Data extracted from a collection
################
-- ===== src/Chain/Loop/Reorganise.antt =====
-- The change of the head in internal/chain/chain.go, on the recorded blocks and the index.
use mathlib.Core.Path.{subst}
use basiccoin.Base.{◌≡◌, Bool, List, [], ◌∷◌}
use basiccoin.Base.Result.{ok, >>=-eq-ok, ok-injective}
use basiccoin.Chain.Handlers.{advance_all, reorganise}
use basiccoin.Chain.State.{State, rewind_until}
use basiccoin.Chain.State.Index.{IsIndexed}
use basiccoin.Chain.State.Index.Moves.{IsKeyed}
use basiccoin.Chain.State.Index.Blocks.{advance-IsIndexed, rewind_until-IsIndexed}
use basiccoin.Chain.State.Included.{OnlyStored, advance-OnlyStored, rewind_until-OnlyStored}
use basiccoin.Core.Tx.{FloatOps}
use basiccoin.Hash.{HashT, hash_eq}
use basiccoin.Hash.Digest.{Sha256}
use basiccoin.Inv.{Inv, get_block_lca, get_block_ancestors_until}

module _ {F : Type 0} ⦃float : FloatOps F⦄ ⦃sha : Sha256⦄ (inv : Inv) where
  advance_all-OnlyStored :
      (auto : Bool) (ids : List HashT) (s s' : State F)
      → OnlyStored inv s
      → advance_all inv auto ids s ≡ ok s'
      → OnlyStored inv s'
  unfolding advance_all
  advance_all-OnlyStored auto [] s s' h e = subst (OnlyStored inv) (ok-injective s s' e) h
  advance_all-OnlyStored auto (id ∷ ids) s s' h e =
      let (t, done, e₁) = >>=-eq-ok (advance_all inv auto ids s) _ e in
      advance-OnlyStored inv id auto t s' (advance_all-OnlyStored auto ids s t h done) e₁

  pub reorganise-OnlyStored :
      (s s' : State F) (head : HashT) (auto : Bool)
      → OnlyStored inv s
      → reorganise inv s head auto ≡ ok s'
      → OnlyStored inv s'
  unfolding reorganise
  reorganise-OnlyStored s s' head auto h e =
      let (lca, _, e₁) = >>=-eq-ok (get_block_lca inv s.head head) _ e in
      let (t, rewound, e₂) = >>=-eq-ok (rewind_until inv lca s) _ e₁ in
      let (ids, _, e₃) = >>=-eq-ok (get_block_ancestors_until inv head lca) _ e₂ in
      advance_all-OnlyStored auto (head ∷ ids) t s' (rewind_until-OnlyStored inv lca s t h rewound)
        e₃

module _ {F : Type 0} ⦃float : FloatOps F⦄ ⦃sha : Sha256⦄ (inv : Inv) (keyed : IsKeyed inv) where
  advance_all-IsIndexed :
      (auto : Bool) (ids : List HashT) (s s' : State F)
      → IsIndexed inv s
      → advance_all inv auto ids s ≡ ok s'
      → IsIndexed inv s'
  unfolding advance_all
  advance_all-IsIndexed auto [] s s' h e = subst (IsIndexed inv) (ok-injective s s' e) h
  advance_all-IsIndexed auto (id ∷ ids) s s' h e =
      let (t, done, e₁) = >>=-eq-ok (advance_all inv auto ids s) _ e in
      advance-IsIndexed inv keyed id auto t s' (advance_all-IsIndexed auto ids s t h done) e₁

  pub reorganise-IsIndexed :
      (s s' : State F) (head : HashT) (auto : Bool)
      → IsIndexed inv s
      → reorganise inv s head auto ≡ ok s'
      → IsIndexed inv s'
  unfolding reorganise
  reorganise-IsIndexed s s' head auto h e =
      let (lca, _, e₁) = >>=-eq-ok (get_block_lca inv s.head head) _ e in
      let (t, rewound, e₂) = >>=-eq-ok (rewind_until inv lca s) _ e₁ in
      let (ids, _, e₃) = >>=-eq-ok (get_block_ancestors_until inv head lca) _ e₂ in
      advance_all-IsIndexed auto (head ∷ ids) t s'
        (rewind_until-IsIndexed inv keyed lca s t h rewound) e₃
################
- _WHAT THE TASK REQUIRES_
Locate and copy each line in the data above that includes the word "where".

- _ANSWER SPACE_
module _ {F : Type 0} ⦃float : FloatOps F⦄ ⦃sha : Sha256⦄ (inv : Inv) where
module _ {F : Type 0} ⦃float : FloatOps F⦄ ⦃sha : Sha256⦄ (inv : Inv) (keyed : IsKeyed inv) where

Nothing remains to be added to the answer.